Dean didn't understand, either.
Two days later, he looked up the testing fee for the SATs, found some locals to hustle in a nearby bar, and left enough to cover the price in Sam's notebook. Later, he wouldn't be able to decide whether or not that was a mistake.
XXXXXXXXXX
The first time Dean really, truly lost Sam, it was Sam's own choice.
"It's not you," Sam said, when Dean followed him out the door. Sam was panting a little, his breath hitching, and struggling with two duffle bags that contained everything he owned. "Dean, you have to believe me. It's just...I can't do this anymore."
Dean leaned against the doorframe, letting his stance look casual, as if the wood behind him weren't the only thing holding him upright. "You know, I've thought so many times I was gonna lose you."

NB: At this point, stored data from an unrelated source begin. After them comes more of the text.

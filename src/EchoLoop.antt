-- ===== src/EchoLoop.antt =====
-- The echo programs that serve one connection at a time in a process or a thread, and their clients.
pub mod Servers
pub mod Clients
pub mod RoundTrip
pub mod Child
pub mod Mains
pub mod Ended
pub mod Urgent
pub mod Stale
mod Examples
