module _ (tools : Tools) (kube : Kube) (r : Reconciler) where
  open kube use {
    World, get_session, update_session, get_pod, create_pod, delete_pod, get_claim, create_claim,
    delete_claim, get_account, create_account, delete_account, now, quiesce, read_state,
  }
  open tools use {owner_error}

  -- `getPod`.
  unfoldable pub find_pod : Session → Run World (Reply (Option AgentPod))
  unfolding pod_name belongs
  find_pod s = get_pod s.namespace (pod_name tools s.session_id) >>= λ l. pure (own_pod s l)

  -- `getPVC`: a claim that is being deleted counts as missing.
  unfoldable pub find_claim : Session → Run World (Reply (Option Claim))
  unfolding claim_name belongs
  find_claim s = get_claim s.namespace (claim_name tools s.session_id) >>= λ l. pure (own_claim s l)

  -- After `SetControllerReference`.
  abbrev pub owned : Option String → Run World (Reply Unit) → Run World (Reply Unit)
  owned (some text) create = pure (broke (other ("own ServiceAccount: " ++ text)))
  owned none create = create

  abbrev pub account_found : Session → Lookup ServiceAccount → Run World (Reply Unit)
  account_found s (present account) = pure (
      if belongs s account.labels
      then done tt
      else broke (other "ServiceAccount is not managed by Bosun"))
  account_found s (unreadable text) = pure (broke (other ("get ServiceAccount: " ++ text)))
  account_found s absent =
      owned (owner_error s (account_name tools s.session_id))
        (creating_it "create ServiceAccount: " (create_account (desired_account tools s)))

  unfoldable pub ensure_account : Session → Run World (Reply Unit)
  unfolding account_name desired_account belongs
  ensure_account s = get_account s.namespace (account_name tools s.session_id) >>= account_found s

  -- By the state of the checkpoint of this hibernation.
  abbrev pub drain_in : Session → AgentPod → CheckpointState → Run World Outcome
  drain_in s pod creating =
      if not r.has_quiescer
      then handle_transient tools kube s (other "agent quiescer is not configured")
      else on_failure (quiesce pod)
          (λ f. handle_transient tools kube s (wrap "quiesce agent Pod: " f))
          (λ result. report tools kube s (to_recovery_ready tools s pod result) again)
  drain_in s pod ready =
      on_failure
        (deleting_it "delete Pod during hibernation: " (delete_pod pod (some max_hibernate_grace)))
        (handle_transient tools kube s) (λ _. pure (after second))
  drain_in s pod _ =
      fail tools kube s "RecoveryUnavailable" "Application recovery manifest is not ready"

  -- `reconcileHibernate` for a Pod that is there.
  abbrev pub drain_pod : Session → AgentPod → Option Checkpoint → Run World Outcome
  drain_pod s pod none = report tools kube s (to_new_checkpoint tools s pod) again
  drain_pod s pod (some c) = drain_in s pod c.state

  abbrev pub drain : Session → Option AgentPod → Run World Outcome
  drain s (some pod) = drain_pod s pod (current_checkpoint s s.status.checkpoint)
  drain s none =
      report tools kube s (to_hibernated tools s)
        (record stop { requeue = not (wants_hibernated s.desired_state) })

  unfoldable pub reconcile_hibernate : Session → Run World Outcome
  unfolding report to_hibernating to_new_checkpoint to_recovery_ready to_hibernated find_pod fail
      handle_transient
  reconcile_hibernate s =
      if not (same_phase s.status.phase hibernating)
      then report tools kube s (to_hibernating tools s) again
      else on_failure (find_pod s) (handle_transient tools kube s) (drain s)

  unfoldable pub hibernate_stopped_pod : Session → AgentPod → Run World Outcome
  unfolding report to_stopped handle_transient
  hibernate_stopped_pod s pod =
      let nonce = label resume_nonce_annotation pod.annotations in
      on_failure (deleting_it "delete deadline-stopped Pod: " (delete_pod pod none))
        (handle_transient tools kube s)
        (λ _.
          report tools kube s (to_stopped tools s nonce)
            (record stop { requeue = not (str_eq nonce s.resume_nonce) }))

  -- From `podReady` on: the Pod is idle, at work, or idle for good.
  unfoldable pub observe_pod : Session → String → AgentPod → Run World Outcome
  unfolding report to_idle to_running reconcile_hibernate session_activity
  observe_pod s claim pod w =
      let work = if r.has_state_reader then work_or_unknown (read_state pod w) else state_unknown in
      let activity = session_activity tools s pod.creation_timestamp in
      let is_idle =
        leb (activity + s.idle_timeout_seconds * second) (now w) && not (keeps_busy work) in
      (if is_idle && same_phase s.status.phase running
          then report tools kube s (to_idle tools s pod claim activity) (after (idle_scan r))
          else if is_idle && same_phase s.status.phase idle
          then reconcile_hibernate s
          else report tools kube s (to_running tools s pod claim activity work)
              (after (idle_scan r)))
        w

  -- A Pod that runs; the condition is that of a Pod without a Node.
  abbrev pub pod_on_node : Session → String → AgentPod → Option PodCondition → Run World Outcome
  pod_on_node s claim pod (some c) =
      report tools kube s (to_unschedulable tools s (start_phase s) pod.name claim c.message)
        (after (idle_scan r))
  pod_on_node s claim pod none =
      if not (pod_ready pod) then pure (after (idle_scan r)) else observe_pod s claim pod

  abbrev pub with_pod : Session → String → AgentPod → Run World Outcome
  with_pod s claim pod =
      if pod_stopped_by_deadline pod
      then hibernate_stopped_pod s pod
      else if str_eq pod.phase "Failed"
      then handle_transient tools kube s (other ("agent Pod failed: " ++ pod.message))
      else pod_on_node s claim pod (unschedulable pod)

  abbrev pub without_pod : Session → String → Option String → Run World Outcome
  without_pod s claim (some text) =
      fail tools kube s "OwnershipError" ("Could not own agent Pod: " ++ text)
  without_pod s claim none =
      let pod = desired_pod tools r s claim in
      on_failure (creating_it "create Pod: " (create_pod pod)) (handle_transient tools kube s) (λ _.
        report tools kube s (to_starting tools s (start_phase s) pod.name claim)
          (after (idle_scan r)))

  abbrev pub run_pod : Session → String → Option AgentPod → Run World Outcome
  run_pod s claim (some pod) = with_pod s claim pod
  run_pod s claim none = without_pod s claim (owner_error s (desired_pod tools r s claim).name)

  -- From the service account on, with the name of the claim.
  abbrev pub run_workload : Session → String → Run World Outcome
  run_workload s claim = on_failure (ensure_account s) (handle_transient tools kube s) λ _.
      if r.capacity_scheduling_enabled
        && str_eq s.status.pod_name ""
        && str_eq (label scheduling_node_annotation s.annotations) ""
      then report tools kube s (to_awaiting_capacity tools s claim) (after (idle_scan r))
      else if needs_preparing s.status.phase
      then report tools kube s (to_preparing tools s (start_phase s) (is_restoring s) claim) again
      else on_failure (find_pod s) (handle_transient tools kube s) (run_pod s claim)

  abbrev pub new_claim : Session → Claim → Option String → Run World Outcome
  new_claim s claim (some text) =
      fail tools kube s "OwnershipError" ("Could not own workspace PVC: " ++ text)
  new_claim s claim none =
      on_failure (creating_it "create PersistentVolumeClaim: " (create_claim claim))
        (handle_transient tools kube s) (λ _. run_workload s claim.name)

  abbrev pub run_claim : Session → Option Claim → Run World Outcome
  run_claim s (some claim) = run_workload s claim.name
  run_claim s none =
      if is_restoring s && not (str_eq s.status.pvc_name "")
      then fail tools kube s "WorkspaceUnavailable"
          "Original workspace PVC is unavailable; an empty workspace was not created"
      else new_claim s (desired_claim tools r s) (owner_error s (desired_claim tools r s).name)

  unfoldable pub reconcile_running : Session → Run World Outcome
  unfolding find_claim find_pod ensure_account fail handle_transient report to_awaiting_capacity
      to_preparing to_starting to_unschedulable desired_claim desired_pod hibernate_stopped_pod
      observe_pod pod_ready pod_stopped_by_deadline unschedulable
  reconcile_running s = on_failure (find_claim s) (handle_transient tools kube s) (run_claim s)

  abbrev pub remove_claim : Session → Option Claim → Run World Outcome
  remove_claim s (some claim) =
      on_failure (deleting_it "delete PersistentVolumeClaim: " (delete_claim claim))
        (handle_transient tools kube s) (λ _. pure (after second))
  remove_claim s none =
      update_session (record s { has_finalizer = false }) >>= λ a. pure (finalized a)

  abbrev pub remove_pod : Session → Option AgentPod → Run World Outcome
  remove_pod s (some pod) =
      on_failure (deleting_it "delete Pod: " (delete_pod pod none)) (handle_transient tools kube s)
        (λ _. pure (after second))
  remove_pod s none =
      on_failure
        (deleting_it "delete ServiceAccount: "
          (delete_account s.namespace (account_name tools s.session_id)))
        (handle_transient tools kube s)
        λ _. on_failure (find_claim s) (handle_transient tools kube s) (remove_claim s)

  abbrev pub remove_workload : Session → Run World Outcome
  remove_workload s = on_failure (find_pod s) (handle_transient tools kube s) (remove_pod s)

  unfoldable pub reconcile_delete : Session → Run World Outcome
  unfolding set_status to_deleting find_pod find_claim account_name handle_transient
  reconcile_delete s =
      if not s.has_finalizer
      then pure stop
      else on_failure (set_status tools kube s (to_deleting tools s))
          (λ f. if f.is_not_found then remove_workload s else pure (fails f.text))
          (λ _. remove_workload s)

  -- The `switch` on the desired state and the phase.
  unfoldable pub dispatch : Session → Run World Outcome
  unfolding reconcile_hibernate reconcile_running
  dispatch s =
      if is_settled_failure s
      then pure stop
      else if wants_hibernated s.desired_state && same_phase s.status.phase hibernated
      then pure stop
      else if wants_hibernated s.desired_state
      then reconcile_hibernate s
      else if same_phase s.status.phase hibernating
      then reconcile_hibernate s
      else if same_phase s.status.phase hibernated
          && str_eq s.status.observed_resume_nonce s.resume_nonce
      then pure stop
      else reconcile_running s

  abbrev pub with_valid : Session → Option String → Run World Outcome
  with_valid s (some text) = report tools kube s (to_invalid tools s text) stop
  with_valid s none =
      if not s.has_finalizer
      then (update_session (record s { has_finalizer = true }) >>= λ a. pure (finalizer_added a))
      else dispatch s

  abbrev pub with_session : Lookup Session → Run World Outcome
  with_session absent = pure stop
  with_session (unreadable text) = pure (fails ("get AgentSession: " ++ text))
  with_session (present s) =
      if s.is_deleting then reconcile_delete s else with_valid s (validate_session tools s)

  unfoldable pub reconcile : String → String → Run World Outcome
  unfolding reconcile_delete dispatch report to_invalid validate_session
  reconcile namespace name w = with_session (get_session namespace name w) w
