-- ===== src/Security/Tests.antt =====
-- Concrete requests for the theorems on cross-site request forgery.
use ores_middleware.Prelude.Bytes.{Bytes, Bytes-discrete, codes}
use ores_middleware.Prelude.{
  some, not, any, false, ℕ, ◌≤◌, ◌≡◌, ◌↔◌, inl, inr, refl, true, [], ◌∷◌, none, length, ℕ_discrete,
}
use ores_middleware.Security.Cookies.{Cookies, max_csrf_cookie_header_bytes, parse_cookie_header}
use ores_middleware.Security.Csrf.{CsrfPolicy, default_csrf_policy, csrf_request}
use ores_middleware.Security.Parsed.{IsParsed, parse_cookie_header-IsParsed}
use ores_middleware.Security.Trusted.{IsTrusted, csrf_request_iff}
use ores_middleware.Stage.{StageInput, StageResponse, continue, respond}
use ores_middleware.Hardening.Fetch.{eq_ignore_ascii_case, find_header}
use ores_middleware.Prelude.Maps.{lookup}
use ores_middleware.Security.Cors.{
  CorsPolicy, origin_allowed, method_allowed, header_allowed, requested_headers, preflight_response,
  cors_request, cors_response,
}
use ores_middleware.Security.Origins.{cors_response-allow_origin, cors_request-preflight}

abbrev two_cookies : Cookies
two_cookies = (codes "a", codes "1") ∷ (codes "ores_csrf", codes "t") ∷ []

abbrev two_text : Bytes
two_text = codes "a=1;; ores_csrf = t"

two_run : parse_cookie_header two_text ≡ inr two_cookies
unfolding parse_cookie_header Bytes-discrete ℕ_discrete
two_run = refl

repeated_run : parse_cookie_header (codes "a=1; a=2") ≡ inl "csrf_cookie_ambiguous"
unfolding parse_cookie_header Bytes-discrete ℕ_discrete
repeated_run = refl

parse_cookie_header-IsParsed_example :
    (length two_text ≤ max_csrf_cookie_header_bytes) × IsParsed two_cookies
parse_cookie_header-IsParsed_example = parse_cookie_header-IsParsed two_text two_cookies two_run

abbrev policy : CsrfPolicy
policy = record default_csrf_policy { trusted_origins = codes "https://app" ∷ [] }

abbrev mutation : StageInput ℕ
mutation = record {
  request = record {
    method = codes "post";
    path = codes "/";
    headers =
        (codes "Cookie", two_text)
        ∷ (codes "Origin", codes "https://app")
        ∷ (codes "X-Ores-Csrf-Token", codes "t")
        ∷ [];
    remote_ip = none;
    content_length = none;
    transport_secure = true;
  };
  context = record {
    request_id = codes "r";
    trace_id = codes "t";
    span_id = none;
    tenant_id = none;
    user_id = none;
    locale = none;
    started_at_unix_ms = 0;
    deadline_unix_ms = none;
    baggage = [];
  };
  decoded_payload = none;
  attributes = [];
}

csrf_request_iff_example :
    (csrf_request policy mutation ≡ continue mutation) ↔ IsTrusted policy mutation
csrf_request_iff_example = csrf_request_iff policy mutation

mutation_run : csrf_request policy mutation ≡ continue mutation
unfolding csrf_request Bytes-discrete ℕ_discrete
mutation_run = refl

abbrev cors : CorsPolicy
cors = record {
  allowed_origins = codes "https://app" ∷ [];
  allowed_methods = codes "PUT" ∷ [];
  allowed_headers = codes "x-a" ∷ [];
  allow_credentials = true;
  max_age_seconds = none;
}

abbrev show : ℕ → Bytes
show n = codes "0"

abbrev plain : StageResponse
plain = record { status = 200; headers = []; body = [] }

cors_response-allow_origin_example :
    (lookup Bytes-discrete
        (codes "access-control-allow-origin")
        (cors_response show cors mutation plain).headers
      ≡ some (codes "https://app"))
    ↔ ((find_header (codes "origin") mutation.request.headers ≡ some (codes "https://app"))
        × (origin_allowed cors (codes "https://app") ≡ true))
unfolding lookup
cors_response-allow_origin_example =
    cors_response-allow_origin show cors mutation plain (codes "https://app") refl

-- a preflight request that is granted
abbrev preflight : StageInput ℕ
preflight = record mutation {
  request = record mutation.request {
    method = codes "OPTIONS";
    headers =
        (codes "Origin", codes "https://app")
        ∷ (codes "Access-Control-Request-Method", codes "put")
        ∷ (codes "Access-Control-Request-Headers", codes "X-A, ")
        ∷ [];
  };
}

preflight_run :
    cors_request show cors preflight ≡ respond (preflight_response show cors (codes "https://app"))
unfolding cors_request
preflight_run = refl

cors_request-preflight_example :
    (origin : Bytes) × (method : Bytes) × (find_header (codes "origin") preflight.request.headers
      ≡ some origin)
    × (origin_allowed cors origin ≡ true)
    × (eq_ignore_ascii_case preflight.request.method (codes "OPTIONS") ≡ true)
    × (find_header (codes "access-control-request-method") preflight.request.headers ≡ some method)
    × (method_allowed cors method ≡ true)
    × (any (λ name. not (header_allowed cors name)) (requested_headers show cors preflight) ≡ false)
    × ((preflight_response show cors (codes "https://app")).status ≡ 204)
    × (lookup Bytes-discrete
          (codes "access-control-allow-origin")
          (preflight_response show cors (codes "https://app")).headers
        ≡ some origin)
cors_request-preflight_example =
    cors_request-preflight show cors preflight (preflight_response show cors (codes "https://app"))
      preflight_run
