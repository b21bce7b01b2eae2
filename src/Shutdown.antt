-- ===== src/Shutdown.antt =====
-- The atomics of `ShutdownInner` (src/rust/src/shutdown.rs), the methods of `ShutdownCoordinator`
-- that one caller runs alone, and the rejection that a refused request receives.
pub mod Tasks
pub mod Counting
pub mod Drain
pub mod Safety
pub mod Alone
mod Tests
use ores_middleware.Prelude.{
  ℕ, ◌+◌, ◌-◌, ◌%◌, ◌^◌, Bool, true, false, not, Option, none, some, String, ◌==◌, leb, ltb,
  if◌then◌else◌,
}

pub data ShutdownPhase : Type 0 where
  running draining forced : ShutdownPhase

abbrev pub is_running : ShutdownPhase → Bool
is_running running = true
is_running _ = false

abbrev pub is_forced : ShutdownPhase → Bool
is_forced forced = true
is_forced _ = false

abbrev pub usize_mod : ℕ
usize_mod = 2 ^ 64

-- The shared atomics. `epoch` counts the calls of `notify_waiters` on `changed`: a `notified()`
-- future is ready once a call was made after the future was created.
pub record ShutdownInner : Type 0 where
  pub phase : ShutdownPhase
  pub active_requests : ℕ
  pub epoch : ℕ

-- `Self::with_retry_after`, after its assertion that the retry-after is positive
abbrev pub new_inner : ShutdownInner
new_inner = record { phase = running; active_requests = 0; epoch = 0 }

-- `active_requests.fetch_add(1)`
pub enter : ShutdownInner → ShutdownInner
enter m = record m { active_requests = (m.active_requests + 1) % usize_mod }

-- `release_request`: the `fetch_sub`, and whether `notify_waiters` follows it
pub release_request : ShutdownInner → ShutdownInner × Bool
release_request m = (
  record m { active_requests = (m.active_requests + usize_mod - 1) % usize_mod },
  leb m.active_requests 1,
)

-- the compare-exchange of `start_draining`, and its result
pub start_draining : ShutdownInner → ShutdownInner × Bool
start_draining m = if is_running m.phase then (record m { phase = draining }, true) else (m, false)

-- the swap of `force_shutdown`, and its result; `notify_waiters` always follows
pub force_shutdown : ShutdownInner → ShutdownInner × Bool
force_shutdown m = (record m { phase = forced }, not (is_forced m.phase))

pub notify_waiters : ShutdownInner → ShutdownInner
notify_waiters m = record m { epoch = m.epoch + 1 }

-- A `Duration`: whole seconds in a u64, and nanoseconds below 10^9.
pub record Duration : Type 0 where
  pub secs : ℕ
  pub nanos : ℕ

pub record ShutdownRejection : Type 0 where
  pub status : ℕ
  pub code : String
  -- the value of the one header, `retry-after`, as the number that is printed
  pub retry_after : ℕ

abbrev pub u64_max : ℕ
u64_max = 2 ^ 64 - 1

abbrev saturating_add : ℕ → ℕ → ℕ
saturating_add a b = if leb (a + b) u64_max then a + b else u64_max

pub rejection : Duration → ShutdownRejection
rejection retry_after =
    let fraction : ℕ = if retry_after.nanos == 0 then 0 else 1 in
    let seconds : ℕ = saturating_add retry_after.secs fraction in
    record {
      status = 429;
      code = "service_draining";
      retry_after = if ltb seconds 1 then 1 else seconds;
    }

pub data Admission : Type 0 where
  admitted : Admission
  rejected : ShutdownRejection → Admission

abbrev pub notify_if : Bool → ShutdownInner → ShutdownInner
notify_if b m = if b then notify_waiters m else m

-- `begin_request`, run with no other task in between
pub begin_request : Duration → ShutdownInner → ShutdownInner × Admission
unfolding enter release_request notify_waiters
begin_request retry_after m =
    if not (is_running m.phase)
    then (m, rejected (rejection retry_after))
    else let entered : ShutdownInner = enter m in
      if is_running entered.phase
      then (entered, admitted)
      else let (left, last) = release_request entered in
        (notify_if last left, rejected (rejection retry_after))

-- `DrainGuard::finish` and its `drop`: the `Option` is taken, so that a second call does nothing.
pub finish : Option (Unit {0}) → ShutdownInner → ShutdownInner × Option (Unit {0})
unfolding release_request notify_waiters
finish none m = (m, none)
finish (some _) m = let (left, last) = release_request m in (notify_if last left, none)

Sam met his eyes for a brief instant before he turned his face away. "You're not losing me," he said, his voice small.
"No. You're leaving."
It was dark, but Dean didn't need to see the tears to hear them in his brother's voice. "I never wanted to leave you."
Dean's jaw tightened. "But you are."
"Dean..."
"You'll miss your bus," he interrupted, his traitorous fingers pulling a ticket from his pocket. "Here. You left this in the room."
Sam's fingers brushed once against his as he accepted the ticket, and then he was gone.